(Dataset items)
########
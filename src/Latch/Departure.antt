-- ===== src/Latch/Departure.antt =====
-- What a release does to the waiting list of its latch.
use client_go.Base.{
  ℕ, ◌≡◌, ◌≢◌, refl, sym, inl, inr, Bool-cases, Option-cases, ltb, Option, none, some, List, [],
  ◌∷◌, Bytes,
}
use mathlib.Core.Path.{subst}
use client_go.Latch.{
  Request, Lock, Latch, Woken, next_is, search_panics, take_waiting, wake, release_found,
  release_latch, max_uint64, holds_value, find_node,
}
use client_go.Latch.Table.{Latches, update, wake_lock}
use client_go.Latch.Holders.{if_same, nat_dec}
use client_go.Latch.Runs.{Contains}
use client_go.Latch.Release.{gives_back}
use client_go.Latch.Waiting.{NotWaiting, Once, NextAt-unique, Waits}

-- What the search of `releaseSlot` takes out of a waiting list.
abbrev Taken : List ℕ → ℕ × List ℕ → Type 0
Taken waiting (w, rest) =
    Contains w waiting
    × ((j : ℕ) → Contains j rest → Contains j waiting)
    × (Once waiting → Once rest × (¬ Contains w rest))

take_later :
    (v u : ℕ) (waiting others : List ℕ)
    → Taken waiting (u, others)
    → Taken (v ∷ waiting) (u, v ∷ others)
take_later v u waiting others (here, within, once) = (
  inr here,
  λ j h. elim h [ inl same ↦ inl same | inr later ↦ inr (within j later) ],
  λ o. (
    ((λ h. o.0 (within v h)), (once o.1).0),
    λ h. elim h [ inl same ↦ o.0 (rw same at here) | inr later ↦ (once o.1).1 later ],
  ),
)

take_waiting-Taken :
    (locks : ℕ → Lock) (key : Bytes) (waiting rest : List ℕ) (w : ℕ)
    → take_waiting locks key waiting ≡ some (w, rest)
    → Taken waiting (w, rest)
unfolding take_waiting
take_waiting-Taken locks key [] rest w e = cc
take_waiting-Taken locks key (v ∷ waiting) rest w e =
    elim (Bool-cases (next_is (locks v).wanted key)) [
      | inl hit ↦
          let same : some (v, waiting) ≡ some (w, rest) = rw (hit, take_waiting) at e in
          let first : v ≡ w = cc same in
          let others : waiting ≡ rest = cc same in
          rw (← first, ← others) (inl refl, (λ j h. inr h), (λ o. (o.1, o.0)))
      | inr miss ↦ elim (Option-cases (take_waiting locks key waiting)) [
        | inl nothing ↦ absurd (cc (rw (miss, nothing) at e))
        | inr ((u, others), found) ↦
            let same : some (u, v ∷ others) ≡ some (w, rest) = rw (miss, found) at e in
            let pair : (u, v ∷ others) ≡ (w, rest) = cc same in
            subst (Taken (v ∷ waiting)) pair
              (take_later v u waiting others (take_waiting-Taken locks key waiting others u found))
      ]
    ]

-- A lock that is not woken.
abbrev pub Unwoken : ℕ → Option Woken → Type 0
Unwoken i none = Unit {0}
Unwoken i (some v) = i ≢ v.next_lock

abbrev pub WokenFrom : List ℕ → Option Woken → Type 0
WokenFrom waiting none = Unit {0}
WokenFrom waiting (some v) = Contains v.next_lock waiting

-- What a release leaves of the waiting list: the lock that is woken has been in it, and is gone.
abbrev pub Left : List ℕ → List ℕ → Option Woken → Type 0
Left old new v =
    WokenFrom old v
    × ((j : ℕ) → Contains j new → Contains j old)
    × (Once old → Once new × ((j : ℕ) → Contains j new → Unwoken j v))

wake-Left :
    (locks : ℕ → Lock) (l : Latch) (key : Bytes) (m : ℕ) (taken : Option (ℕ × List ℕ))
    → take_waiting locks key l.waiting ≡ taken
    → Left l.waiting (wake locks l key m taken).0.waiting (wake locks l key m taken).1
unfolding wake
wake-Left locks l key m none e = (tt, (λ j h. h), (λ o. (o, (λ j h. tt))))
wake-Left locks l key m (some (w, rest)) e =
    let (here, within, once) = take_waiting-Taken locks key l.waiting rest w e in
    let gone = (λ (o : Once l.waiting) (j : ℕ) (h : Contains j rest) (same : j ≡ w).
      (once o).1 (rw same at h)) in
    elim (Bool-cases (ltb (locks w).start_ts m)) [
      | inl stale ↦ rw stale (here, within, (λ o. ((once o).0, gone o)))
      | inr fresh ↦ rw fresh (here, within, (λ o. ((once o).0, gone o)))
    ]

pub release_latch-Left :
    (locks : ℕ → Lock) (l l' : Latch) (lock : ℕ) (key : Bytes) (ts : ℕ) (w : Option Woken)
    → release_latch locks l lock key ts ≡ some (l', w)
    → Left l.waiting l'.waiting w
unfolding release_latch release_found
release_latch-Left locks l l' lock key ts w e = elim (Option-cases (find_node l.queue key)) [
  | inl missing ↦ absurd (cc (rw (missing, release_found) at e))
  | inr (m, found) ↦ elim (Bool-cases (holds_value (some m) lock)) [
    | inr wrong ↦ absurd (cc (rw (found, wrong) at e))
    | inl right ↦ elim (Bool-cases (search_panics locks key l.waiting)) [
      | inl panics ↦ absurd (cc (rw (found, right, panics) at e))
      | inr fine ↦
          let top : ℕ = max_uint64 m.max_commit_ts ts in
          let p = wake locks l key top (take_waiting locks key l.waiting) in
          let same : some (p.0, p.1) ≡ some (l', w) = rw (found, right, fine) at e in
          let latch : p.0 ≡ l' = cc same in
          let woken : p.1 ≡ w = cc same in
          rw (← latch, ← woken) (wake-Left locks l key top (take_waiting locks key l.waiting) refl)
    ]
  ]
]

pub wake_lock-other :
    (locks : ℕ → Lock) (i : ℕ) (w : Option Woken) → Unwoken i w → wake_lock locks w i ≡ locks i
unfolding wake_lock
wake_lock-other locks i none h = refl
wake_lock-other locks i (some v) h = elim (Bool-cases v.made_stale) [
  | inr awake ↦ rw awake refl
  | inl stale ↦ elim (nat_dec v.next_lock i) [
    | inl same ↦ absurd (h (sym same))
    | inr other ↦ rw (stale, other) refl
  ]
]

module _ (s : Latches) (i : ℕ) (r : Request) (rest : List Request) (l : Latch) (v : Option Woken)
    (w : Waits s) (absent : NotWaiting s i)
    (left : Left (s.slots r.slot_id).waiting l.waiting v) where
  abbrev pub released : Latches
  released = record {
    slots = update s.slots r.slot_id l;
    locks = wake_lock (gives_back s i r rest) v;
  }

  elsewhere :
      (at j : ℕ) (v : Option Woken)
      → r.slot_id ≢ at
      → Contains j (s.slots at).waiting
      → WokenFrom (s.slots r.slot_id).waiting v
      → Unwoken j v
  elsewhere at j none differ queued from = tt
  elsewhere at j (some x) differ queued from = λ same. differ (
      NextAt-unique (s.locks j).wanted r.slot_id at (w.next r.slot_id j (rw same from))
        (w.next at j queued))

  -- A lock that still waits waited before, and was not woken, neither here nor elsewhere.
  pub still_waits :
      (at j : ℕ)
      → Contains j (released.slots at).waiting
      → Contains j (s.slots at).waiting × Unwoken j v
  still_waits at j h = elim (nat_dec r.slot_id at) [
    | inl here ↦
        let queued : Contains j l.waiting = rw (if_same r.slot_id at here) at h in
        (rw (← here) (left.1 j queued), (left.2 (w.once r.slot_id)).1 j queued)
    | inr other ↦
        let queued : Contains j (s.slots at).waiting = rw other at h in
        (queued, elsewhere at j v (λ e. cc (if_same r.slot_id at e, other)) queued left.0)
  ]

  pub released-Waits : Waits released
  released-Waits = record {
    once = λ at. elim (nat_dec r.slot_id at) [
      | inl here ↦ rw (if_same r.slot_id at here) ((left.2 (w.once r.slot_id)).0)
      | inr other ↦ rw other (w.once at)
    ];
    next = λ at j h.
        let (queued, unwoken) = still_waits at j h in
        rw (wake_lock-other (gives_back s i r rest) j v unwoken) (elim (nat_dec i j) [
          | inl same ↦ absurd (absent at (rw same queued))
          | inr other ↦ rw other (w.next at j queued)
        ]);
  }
########
Exercise objective: Above are the entries. Quote exactly the lines from the one bearing "Unwoken j v))" through the one bearing "wake-Left locks l key m none".

Answer:
    × (Once old → Once new × ((j : ℕ) → Contains j new → Unwoken j v))

wake-Left :
    (locks : ℕ → Lock) (l : Latch) (key : Bytes) (m : ℕ) (taken : Option (ℕ × List ℕ))
    → take_waiting locks key l.waiting ≡ taken
    → Left l.waiting (wake locks l key m taken).0.waiting (wake locks l key m taken).1
unfolding wake
wake-Left locks l key m none e = (tt, (λ j h. h), (λ o. (o, (λ j h. tt))))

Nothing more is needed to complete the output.